> **DIRECTIONS**: Write out, word for word, only the lines from the one with "module _ (ko : Outbound) where" to the end of the data below.

--- PROVIDED MATERIAL ---

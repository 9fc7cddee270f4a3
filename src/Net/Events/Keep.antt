-- ===== src/Net/Events/Keep.antt =====
-- What the virtual functions keep the whole of the event loop keeps.
use vwnet_lib.Base.{
  ℕ, arith, ◌≡◌, ◌≢◌, refl, sym, ◌∙◌, some, find-erase, nat_eq, length, inl, inr, List, [], ◌∷◌,
  Option-cases, if_both,
}
use vwnet_lib.Net.State.{
  Net, ReadBuf, NetContext, Sys, Handlers, on_net, get_context, update_context, create_context,
  make_nonblock, add_event, set_event, clear_context_event, delete_event, delete_context,
}
use vwnet_lib.Net.Socket.{Inbound, Outbound}
use vwnet_lib.Net.Read.{size_remain, overrun, read_loop, put_read_buf, handle_read}
use vwnet_lib.Net.Events.Buffers.{
  SameBuffers, buf_of, same_contexts, update_context-SameBuffers, BlocksFit,
}
use vwnet_lib.Net.Events.Buffers.Loop.{EventFits, EventsFit}
use vwnet_lib.Net.Write.{handle_write}
use vwnet_lib.Net.Events.Ends.{read_end-keep, write_end-keep}
use vwnet_lib.Net.Events.{
  Accepted, accept_one, handle_accept, Event, incoming_connections, ready, run_ready, run_event,
  run_events,
}

-- The library's own changes do not touch what an access out of bounds sets, nor what `malloc` does,
-- and no connection gets another buffer by them.
pub record IsQuiet (n n' : Net) : Type 0 where
  pub same_undefined : n'.undefined ≡ n.undefined
  pub same_mallocs : n'.mallocs ≡ n.mallocs
  pub same_size : n'.buf_size ≡ n.buf_size
  pub old_bufs : (fd : ℕ) (b : ReadBuf) → buf_of fd n' ≡ some b → buf_of fd n ≡ some b

pub SameBuffers-IsQuiet :
    {n n' : Net}
    → n'.undefined ≡ n.undefined
    → n'.mallocs ≡ n.mallocs
    → SameBuffers n n'
    → IsQuiet n n'
SameBuffers-IsQuiet same_undefined same_mallocs same = record {
  same_undefined = same_undefined;
  same_mallocs = same_mallocs;
  same_size = same.same_size;
  old_bufs = λ fd b e. sym (same.same_bufs fd) ∙ e;
}

clear_context_event-IsQuiet :
    (fd events : ℕ) (n : Net) → IsQuiet n (clear_context_event fd events n)
unfolding clear_context_event delete_event set_event delete_context get_context
clear_context_event-IsQuiet fd events n = record {
  same_undefined = ground arith;
  same_mallocs = ground arith;
  same_size = ground arith;
  old_bufs = λ j b e. ground (arith, find-erase fd j n.contexts);
}

module _ {A : Type 0} (h : Handlers A) where
  -- A property of the state that the virtual functions, quiet changes, a new connection with a block of
  -- `size` bytes and the reads of a connection keep, where a read does not write past the buffer.
  pub record Keeps (size : ℕ) (P : Sys A → Type 0) : Type 1 where
    pub connecting : (fd : ℕ) (s : Sys A) → P s → P (h.on_connect fd s)
    pub losing : (fd : ℕ) (s : Sys A) → P s → P (h.on_disconnect fd s)
    pub failing : (fd err : ℕ) (s : Sys A) → P s → P (h.on_error fd err s)
    pub quiet : (s : Sys A) (n : Net) → IsQuiet s.net n → P s → P (record s { net = n })
    pub creating :
        (fd remote : ℕ) (block : List ℕ) (s : Sys A)
        → length block ≡ size
        → P s
        → P (on_net (create_context fd remote block) s)
    pub reading :
        (ki : Inbound) (fuel fd : ℕ) (ctxt : NetContext) (c : ki.Conn) (s : Sys A)
        → get_context fd s.net ≡ some ctxt
        → P s
        → let b = ctxt.read_buf in
          let out = read_loop ki h fuel s.net.buf_size fd b (size_remain s.net.buf_size b) c s in
          (out.0 ≢ overrun) × P (on_net (put_read_buf ki h fd out.1) out.3)

  module _ {size : ℕ} {P : Sys A → Type 0} (k : Keeps size P) where
    pub clearing : (fd events : ℕ) (s : Sys A) → P s → P (on_net (clear_context_event fd events) s)
    clearing fd events s p = k.quiet s _ (clear_context_event-IsQuiet fd events s.net) p

    pub handle_accept-keep :
        (conns : List Accepted) (s : Sys A)
        → BlocksFit size conns
        → P s
        → P (handle_accept h conns s)
    unfolding handle_accept accept_one make_nonblock add_event set_event
    handle_accept-keep [] s fits p = p
    handle_accept-keep (conn ∷ rest) s (fits, more) p = handle_accept-keep rest _ more (
        k.quiet _ _ (SameBuffers-IsQuiet refl refl (same_contexts refl refl))
          (k.connecting conn.conn_fd _ (k.creating conn.conn_fd conn.cli_addr conn.block s fits p)))

    module _ (ki : Inbound) where
      handle_read-keep :
          (fuel fd events : ℕ) (c : ki.Conn) (s : Sys A)
          → P s
          → P (handle_read ki h fuel fd events c s).1
      unfolding handle_read
      handle_read-keep fuel fd events c s p = elim (Option-cases (get_context fd s.net)) [
        | inl e ↦ rw (e, handle_read) p
        | inr (ctxt, e) ↦
            let (within, kept) = k.reading ki fuel fd ctxt c s e p in
            rw (e, handle_read)
              (read_end-keep h k.losing k.failing clearing ki _ fd events _
                (λ past. absurd (within past)) kept)
      ]

    module _ (ko : Outbound) where
      handle_write-keep :
          (fuel fd events : ℕ) (c : ko.Conn) (s : Sys A)
          → P s
          → P (handle_write ko h fuel fd events c s).1
      unfolding handle_write update_context
      handle_write-keep fuel fd events c s p = elim (Option-cases (get_context fd s.net)) [
        | inl e ↦ rw (e, handle_write) p
        | inr (ctxt, e) ↦
            rw (e, handle_write)
              (write_end-keep h k.losing k.failing clearing ko _ fd events _ (
                k.quiet s _
                  (SameBuffers-IsQuiet refl refl
                    (update_context-SameBuffers fd _ ctxt s.net e refl))
                  p))
      ]

    module _ (ki : Inbound) (ko : Outbound) where
      pub run_ready-keep :
          (fd events : ℕ) (ci : ki.Conn) (co : ko.Conn) (fuel : ℕ) (s : Sys A)
          → P s
          → P (run_ready h ki ko fd events ci co fuel s)
      unfolding run_ready
      run_ready-keep fd events ci co fuel s p =
          let reads = if_both P _ (handle_read-keep ki fuel fd events ci s p) p in
          if_both P _ (handle_write-keep ko fuel fd events co _ reads) reads

      run_event-keep :
          (event : Event h ki ko) (s : Sys A)
          → EventFits size event
          → P s
          → P (run_event h ki ko event s)
      unfolding run_event
      run_event-keep (incoming_connections conns) s fits p = handle_accept-keep conns s fits p
      run_event-keep (ready fd events ci co errno fuel) s fits p =
          if_both P _ (clearing fd events _ (k.losing fd s p)) (
            if_both P _ (clearing fd events _ (k.failing fd errno s p))
              (run_ready-keep fd events ci co fuel s p))

      -- Whatever events come, in whatever order.
      pub run_events-keep :
          (events : List (Event h ki ko)) (s : Sys A)
          → EventsFit size events
          → P s
          → P (run_events h ki ko events s)
      unfolding run_events
      run_events-keep [] s fits p = p
      run_events-keep (event ∷ rest) s (fits, more) p =
          run_events-keep rest _ more (run_event-keep event s fits p)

---

> **THE COMPLETED TASK**:
    module _ (ko : Outbound) where
      handle_write-keep :
          (fuel fd events : ℕ) (c : ko.Conn) (s : Sys A)
          → P s
          → P (handle_write ko h fuel fd events c s).1
      unfolding handle_write update_context
      handle_write-keep fuel fd events c s p = elim (Option-cases (get_context fd s.net)) [
        | inl e ↦ rw (e, handle_write) p
        | inr (ctxt, e) ↦
            rw (e, handle_write)
              (write_end-keep h k.losing k.failing clearing ko _ fd events _ (
                k.quiet s _
                  (SameBuffers-IsQuiet refl refl
                    (update_context-SameBuffers fd _ ctxt s.net e refl))
                  p))
      ]

    module _ (ki : Inbound) (ko : Outbound) where
      pub run_ready-keep :
          (fd events : ℕ) (ci : ki.Conn) (co : ko.Conn) (fuel : ℕ) (s : Sys A)
          → P s
          → P (run_ready h ki ko fd events ci co fuel s)
      unfolding run_ready
      run_ready-keep fd events ci co fuel s p =
          let reads = if_both P _ (handle_read-keep ki fuel fd events ci s p) p in
          if_both P _ (handle_write-keep ko fuel fd events co _ reads) reads

      run_event-keep :
          (event : Event h ki ko) (s : Sys A)
          → EventFits size event
          → P s
          → P (run_event h ki ko event s)
      unfolding run_event
      run_event-keep (incoming_connections conns) s fits p = handle_accept-keep conns s fits p
      run_event-keep (ready fd events ci co errno fuel) s fits p =
          if_both P _ (clearing fd events _ (k.losing fd s p)) (
            if_both P _ (clearing fd events _ (k.failing fd errno s p))
              (run_ready-keep fd events ci co fuel s p))

      -- Whatever events come, in whatever order.
      pub run_events-keep :
          (events : List (Event h ki ko)) (s : Sys A)
          → EventsFit size events
          → P s
          → P (run_events h ki ko events s)
      unfolding run_events
      run_events-keep [] s fits p = p
      run_events-keep (event ∷ rest) s (fits, more) p =
          run_events-keep rest _ more (run_event-keep event s fits p)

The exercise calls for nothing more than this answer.